Dursun invited the Uighurs in for a meal. They were able to communicate because the Uighur language is related to Turkish, And they told him their story.
“I had one of the most difficult meals of my life. When they were telling me of their experiences, it was very tragic to hear what they had gone through,” Dursun says.
Dursun decided he needed to do more than just offer hospitality. He wanted to show Albanians that the Uighurs deserved to be part of their society.
Dursun figured the best way to do that was through their tastebuds. His restaurant had a rotating special in which non-Albanians would come and cook dishes from home to raise money for a charity.
Dursan invited the Uighurs to cook, and Qassim’s veal pilaf was a hit.
“He used so many carrots, that rabbits probably went hungry that day,” Dursun recalls. “It was very tasty – delicious. It also had grilled onions. It was a mixture that I’d never seen before. Everyone enjoyed it a lot.”
Dursan also invited a TV reporter to interview Qassim and the others.
Qassim says that interview marked a turning point. Until then, he says some people were nasty to him, treating him as if he was a terrorist.
“People got to understand our plight, and from that moment on it got better,” Qassim says.
The Uighurs’ lives have improved considerably since. They no longer live in a refugee camp and lead relatively normal lives. Qassim has Albanian friends. He also has a wife here, another Uighur, and an infant daughter.
Qassim’s biggest concern now is making ends meet. He only works part-time, and the state aid he receives isn’t enough to support his new family. Qassim says it’s hard to find work — between the high unemployment and his background.
“It’s difficult when you go and apply for a job. They ask me where I’m from, and I tell them I’m an Uighur. So right away they make a connection with Guantanamo,” Qassim says.
His experience at Guantanamo continues to weigh heavily on Qassim. Three of his friends remain locked up there. “No country is willing to take them,” he says.
It’s a situation Qassim knows all too well from his four-and-a-half years at Guantanamo.
Surprisingly, Qassim doesn’t voice any resentment toward the US or the guards for his plight. He blames Pakistani forces, whom he says turned him and the other Uighurs over to the Americans for a bounty in 2007.
The Pakistanis, Qassim says, duped the Americans into thinking the Uighurs were terrorists.
“When we told the Americans we were Uighurs, the situation improved. They didn’t have any problem with us. They actually treated us quite nice. Some of our jailers would give us chocolate bars,” Qassim recalls.
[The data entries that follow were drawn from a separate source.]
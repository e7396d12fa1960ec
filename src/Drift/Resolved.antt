-- ===== src/Drift/Resolved.antt =====
-- What `check_drift` of epiphany_executor/drift.py decides for a plan.
use mathlib.Core.Path.{subst}
use epiphany_executor.Prelude.{
  ℕ, String, Bool, true, false, not, ◌&&◌, ◌||◌, ◌≡◌, refl, ◌∙◌, ap, Option, none, some, List, [],
  ◌∷◌, ok, >>=-eq-ok, ok_inj, Dict, lookup, keys, elem, Distinct, insert-Distinct, is_empty,
  or_else, if◌then◌else◌, ◌==◌, eq_iff, eq_refl, arith, Bool-cases, inl, inr,
}
use epiphany_executor.Value.{Value, null, arr, obj, Fields, get, get_or, nil, truthy, iterate}
use epiphany_executor.Coverage.{text_of}
use epiphany_executor.Lifecycle.{LifecycleState, unstarted, same_state}
use epiphany_executor.Drift.{
  Snapshot, no_drift, reimport, halt, DriftVerdict, differs, Drifted, compare_steps, drift_verdict,
  step_hash, add_hash, add_hashes, snapshot_hashes, check_drift,
}

abbrev drift_between : Option String → Option String → Bool
drift_between old none = false
drift_between old (some h) = differs old h

-- The step is in both snapshots, with different hashes.
abbrev pub has_drifted : Dict String → Dict String → String → Bool
has_drifted recorded current sid = drift_between (lookup sid recorded) (lookup sid current)

abbrev pub has_started : Dict LifecycleState → String → Bool
has_started lifecycle sid = not (same_state (or_else (lookup sid lifecycle) unstarted) unstarted)

compare_steps-absent :
    (recorded : Dict String) (lifecycle : Dict LifecycleState) (steps : Dict String) (s : String)
    → elem s (keys steps) ≡ false
    → (elem s (compare_steps recorded lifecycle steps).all_steps ≡ false)
      × (elem s (compare_steps recorded lifecycle steps).started ≡ false)
unfolding compare_steps
compare_steps-absent recorded lifecycle [] s h = (refl, refl)
compare_steps-absent recorded lifecycle ((sid, g) ∷ steps) s h =
    let rest = compare_steps-absent recorded lifecycle steps s in
    (ground (arith, rest), ground (arith, rest))

compare_steps-elem :
    (recorded : Dict String) (lifecycle : Dict LifecycleState) (steps : Dict String) (s : String)
    → Distinct steps
    → (elem s (compare_steps recorded lifecycle steps).all_steps ≡ has_drifted recorded steps s)
      × (elem s (compare_steps recorded lifecycle steps).started
          ≡ (has_drifted recorded steps s && has_started lifecycle s))
unfolding compare_steps
compare_steps-elem recorded lifecycle [] s d = (refl, refl)
compare_steps-elem recorded lifecycle ((sid, g) ∷ steps) s (fresh, d) =
    elim (Bool-cases (sid == s)) [
      | inl same ↦
          let here = (eq_iff sid s).0 same in
          let gone = compare_steps-absent recorded lifecycle steps s (rw here at fresh) in
          rw here (ground (arith, gone, eq_refl s), ground (arith, gone, eq_refl s))
      | inr other ↦
          let rest = compare_steps-elem recorded lifecycle steps s d in
          (ground (arith, rest, other), ground (arith, rest, other))
    ]

-- What a verdict says of the differences that the comparison found.
abbrev Reports : Bool → Drifted → DriftVerdict → Type 0
Reports plan_drifted d v =
    (v.drifted_steps ≡ d.all_steps)
    × (v.halt_steps ≡ d.started)
    × (v.resolution ≡ (
        if not (is_empty d.started) || plan_drifted
        then halt
        else if is_empty d.all_steps
        then no_drift
        else reimport))

drift_verdict-Reports : (p : Bool) (d : Drifted) → Reports p d (drift_verdict p d)
unfolding drift_verdict
drift_verdict-Reports p d = by_lists p d.all_steps d.started
  where
    by_lists :
        (p : Bool) (xs ys : List String)
        → Reports p
            (record { all_steps = xs; started = ys })
            (drift_verdict p (record { all_steps = xs; started = ys }))
    by_lists p xs (y ∷ ys) = (refl, refl, refl)
    by_lists true xs [] = (refl, refl, refl)
    by_lists false [] [] = (refl, refl, refl)
    by_lists false (x ∷ xs) [] = (refl, refl, refl)

no_members : (xs : List String) → ((s : String) → elem s xs ≡ false) → xs ≡ []
no_members [] h = refl
no_members (x ∷ xs) h = absurd (ground (arith, h x, eq_refl x))

has_drifted_self : (steps : Dict String) (s : String) → has_drifted steps steps s ≡ false
has_drifted_self steps s = by_entry (lookup s steps)
  where
    by_entry : (o : Option String) → drift_between o o ≡ false
    by_entry none = refl
    by_entry (some h) = rw (eq_refl h) refl

module _ (dumps : Fields → String) (sha256 : List ℕ → String) where
  add_hash-Distinct :
      (v : Value) (d d' : Dict String)
      → Distinct d
      → add_hash dumps sha256 v d ≡ ok d'
      → Distinct d'
  unfolding add_hash
  add_hash-Distinct (obj s) d d' h e = elim (Bool-cases (truthy (get "step_id" s))) [
    | inl named ↦
        let (sid, _, last) = >>=-eq-ok (text_of (get "step_id" s)) _ (rw named at e) in
        subst Distinct (ok_inj last) (insert-Distinct sid (step_hash dumps sha256 s) d h)
    | inr unnamed ↦ subst Distinct (ok_inj (rw unnamed at e)) h
  ]
  add_hash-Distinct null d d' h e = subst Distinct (ok_inj e) h
  add_hash-Distinct _ d d' h e = subst Distinct (ok_inj e) h

  add_hashes-Distinct :
      (vs : List Value) (d d' : Dict String)
      → Distinct d
      → add_hashes dumps sha256 vs d ≡ ok d'
      → Distinct d'
  unfolding add_hashes
  add_hashes-Distinct [] d d' h e = subst Distinct (ok_inj e) h
  add_hashes-Distinct (v ∷ vs) d d' h e =
      let (mid, first, rest) = >>=-eq-ok (add_hash dumps sha256 v d) _ e in
      add_hashes-Distinct vs mid d' (add_hash-Distinct v d mid h first) rest

  snapshot_hashes-Distinct :
      (plan : Fields) (cur : Snapshot)
      → snapshot_hashes dumps sha256 plan ≡ ok cur
      → Distinct cur.steps
  unfolding snapshot_hashes
  snapshot_hashes-Distinct plan cur e =
      let (bodies, _, e1) = >>=-eq-ok (iterate (get_or "steps" (arr nil) plan)) _ e in
      let (steps, added, last) = >>=-eq-ok (add_hashes dumps sha256 bodies []) _ e1 in
      subst (λ (x : Snapshot). Distinct x.steps) (ok_inj last)
        (add_hashes-Distinct bodies [] steps tt added)

  -- Against a recorded snapshot, the drifted steps of a plan that can be hashed are exactly those
  -- recorded with another hash, the halting ones are those among them that are not UNSTARTED, and
  -- the plan halts if there is one of these or its skeleton's hash is another, is imported again
  -- if only unstarted steps drifted, and has no drift otherwise.
  pub check_drift-resolution :
      (recorded : Snapshot) (plan : Fields) (lifecycle : Dict LifecycleState) (cur : Snapshot)
      → snapshot_hashes dumps sha256 plan ≡ ok cur
      → (v : DriftVerdict) × (check_drift dumps sha256 recorded plan lifecycle ≡ ok v)
        × ((s : String)
            → (elem s v.drifted_steps ≡ has_drifted recorded.steps cur.steps s)
              × (elem s v.halt_steps
                  ≡ (has_drifted recorded.steps cur.steps s && has_started lifecycle s)))
        × (v.resolution ≡ (
            if not (is_empty v.halt_steps) || not (cur.plan == recorded.plan)
            then halt
            else if is_empty v.drifted_steps
            then no_drift
            else reimport))
  unfolding check_drift
  check_drift-resolution recorded plan lifecycle cur e =
      let d = compare_steps recorded.steps lifecycle cur.steps in
      let p = not (cur.plan == recorded.plan) in
      let (same, halts, resolved) = drift_verdict-Reports p d in
      let members = λ (s : String).
        compare_steps-elem recorded.steps lifecycle cur.steps s
          (snapshot_hashes-Distinct plan cur e) in
      (
        drift_verdict p d,
        rw e refl,
        (λ s. (ap (elem s) same ∙ (members s).0, ap (elem s) halts ∙ (members s).1)),
        rw (same, halts) resolved,
      )

  -- A plan that has not changed since its snapshot was taken has no drift, whatever its lifecycle.
  pub check_drift-snapshot_hashes :
      (plan : Fields) (lifecycle : Dict LifecycleState) (cur : Snapshot)
      → snapshot_hashes dumps sha256 plan ≡ ok cur
      → check_drift dumps sha256 cur plan lifecycle
        ≡ ok (record {
          resolution = no_drift;
          drifted_steps = [];
          plan_drifted = false;
          halt_steps = [];
          reason = "";
        })
  unfolding check_drift drift_verdict
  check_drift-snapshot_hashes plan lifecycle cur e =
      let members = λ (s : String).
        compare_steps-elem cur.steps lifecycle cur.steps s (snapshot_hashes-Distinct plan cur e) in
      let quiet = λ (s : String). has_drifted_self cur.steps s in
      let none_drifted =
        no_members (compare_steps cur.steps lifecycle cur.steps).all_steps
          (λ s. (members s).0 ∙ quiet s) in
      let none_started =
        no_members (compare_steps cur.steps lifecycle cur.steps).started
          (λ s. (members s).1 ∙ ap (λ b. b && has_started lifecycle s) (quiet s)) in
      rw (e, none_drifted, none_started, eq_refl cur.plan) refl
Still Qassim says the conditions at Guantanamo were terrible. But he also avoids blaming anyone for the fact that he wasn’t released sooner.
“I don’t know what took so long,” Qassim says, “Maybe there were political reasons.”
Qassim, though, might be wise to avoid sounding critical of the US in Albania — an overwhelmingly pro-American country that’s hosting the Uighurs at the request of the US.
Qassim also can’t leave Albania because he’s not a citizen and doesn’t have a passport. And if he were to return to China, he would almost certainly be arrested.